Plus, automatic rotation prevents IP blocks completely.
According to Bright Data, sites detect and block public proxies within 5 minutes on average.
But their private pools avoid blocks for months! 🕵️♂️
Anti-Bot Protection
Major sites like Facebook, Google employ advanced tactics including:
❗️ Fingerprinting and machine learning
❗️ IP analysis
❗️ JS challenge codes ❗️ Behavioral analysis
Bright Data can reliably bypass them all! Just set:
browser = brightdata.Chrome(enable_antibot=True)
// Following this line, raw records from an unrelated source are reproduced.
-- ===== src/Sync/Events/Keeps.antt =====
-- Properties of all events that the operations of the outbox keep.
use bisakerja_scraper.Prelude.{ℕ, Option, none, some, String, [], ◌∷◌, All, All-append, All-modify}
use bisakerja_scraper.Prelude.Json.{Json, Fields}
use bisakerja_scraper.Models.{NormalizedJob}
use bisakerja_scraper.Sync.Events.{
  Events, SyncEvent, SyncFailure, hash_or, find_event, new_event, reused_event, reuse_or_add,
  with_chunk, succeeded_event, failed_event, prepare_event, attach_chunk_metadata, record_success,
  record_failure,
}

module _ (P : SyncEvent → Type 0) where
  reuse_or_add-All :
      (job : NormalizedJob) (run_id : Option String) (target key : String) (now : ℕ)
      (events : Events) (found : Option (ℕ × SyncEvent))
      → ((event : SyncEvent) → P event → P (reused_event run_id now event))
      → P (new_event job run_id target key now)
      → All P events
      → All P (reuse_or_add job run_id target key now events found).1
  reuse_or_add-All job run_id target key now events none reuse fresh h =
      All-append P events (new_event job run_id target key now ∷ []) h (fresh, tt)
  reuse_or_add-All job run_id target key now events (some (i, event)) reuse fresh h =
      All-modify P events i (reused_event run_id now) reuse h

  pub prepare_event-All :
      (hash : Json → String) (job : NormalizedJob) (run_id : Option String) (target : String)
      (payload_hash : Option String) (now : ℕ) (events : Events)
      → ((event : SyncEvent) → P event → P (reused_event run_id now event))
      → ((key : String) → P (new_event job run_id target key now))
      → All P events
      → All P (prepare_event hash job run_id target payload_hash now events).1
  unfolding prepare_event
  prepare_event-All hash job run_id target payload_hash now events reuse fresh h =
      let key = hash_or hash payload_hash job in
      reuse_or_add-All job run_id target key now events
        (find_event hash job target (some key) events) reuse (fresh key) h

  pub attach_chunk_metadata-All :
      (chunk_id hash : String) (size i : ℕ) (events : Events)
      → ((event : SyncEvent) → P event → P (with_chunk chunk_id hash size event))
      → All P events
      → All P (attach_chunk_metadata chunk_id hash size i events)
  unfolding attach_chunk_metadata
  attach_chunk_metadata-All chunk_id hash size i events step h =
      All-modify P events i (with_chunk chunk_id hash size) step h

  pub record_success-All :
      (summary : Fields) (now i : ℕ) (events : Events)
      → ((event : SyncEvent) → P event → P (succeeded_event summary now event))
      → All P events
      → All P (record_success summary now i events)
  unfolding record_success
  record_success-All summary now i events step h =
      All-modify P events i (succeeded_event summary now) step h

  pub record_failure-All :
      (failure : SyncFailure) (max_attempts now i : ℕ) (events : Events)
      → ((event : SyncEvent) → P event → P (failed_event failure max_attempts now event))
      → All P events
      → All P (record_failure failure max_attempts now i events)
  unfolding record_failure
  record_failure-All failure max_attempts now i events step h =
      All-modify P events i (failed_event failure max_attempts now) step h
It'll handle the challenges seamlessly keeping your scrapers uninterrupted.
Optimized Performance
All traffic routes through optimized paths ensuring:
⚡️ Fast page loads – Near 1 Gbps speeds
⚡️ Low latency – Direct peerings with sites
⚡️ High concurrency – Distributed infrastructure ⚡️ No blocks – Automatic rotation
You get the speed and scale suited for enterprise workloads.
Reliability At Scale
Battle-tested by Fortune 500 customers, Bright Data proxies sustain heavy use cases:
📈 Billions of requests per month
🔁 Concurrency upto hundreds of thousands of threads
⌛️ Uptime of 99.999% globally
Whether you need to scrape search engines, ecommerce sites, social media or more – it handles them all.
In short, Bright Data lets your scrapers run 24/7 without interruptions or blocks.
Sign up for a free trial with $5 credit to experience it firsthand.
Alternative Solutions
Now you might be wondering – if Bright Data already provides browser automation capabilities, where does Selenium Wire fit?
Here are some examples where Selenium Wire shines:
Pure Python Scrapers
If you want to build scraping scripts in Python without external dependencies, Selenium Wire is perfect.
It gives all capabilities like proxies and customization without needing additional libraries.
Headless Browser Development
For testers or developers working specifically on headless browser projects, Selenium Wire + Selenium provides a robust toolkit.
You get greater visibility into the automated traffic for debugging.
Open-Source Philosophy
As an open-source tool, Selenium Wire aligns better for teams preferring non-commercial solutions.
It gives good enough functionality for small-scale needs.
In essence, choose Selenium Wire if you value independence, control, and customization.
Otherwise, Bright Data makes scalable automation drop-dead simple!
Conclusion
Let's summarize the key things we learned about Selenium Wire:
✅ Inspect traffic – Analyze raw responses to understand site structure
✅ Customize requests – Change headers, mock data, block resources
✅ Avoid blocks – Rotate Bright Data proxies to prevent IP bans
✅ Optimize performance – Balance browser profiles and interception
✅ Scale scraping – Leverage Bright Data's industrial-grade proxy network
✅ Alternatives – Use Selenium Wire for open-source based scrapers
Phew, that was a comprehensive guide!
We went all the way from basics like making requests to advanced customization and scaling techniques.
Whether you are a hobbyist scraper looking to learn or an expert seeking a reference guide – hope you found it helpful!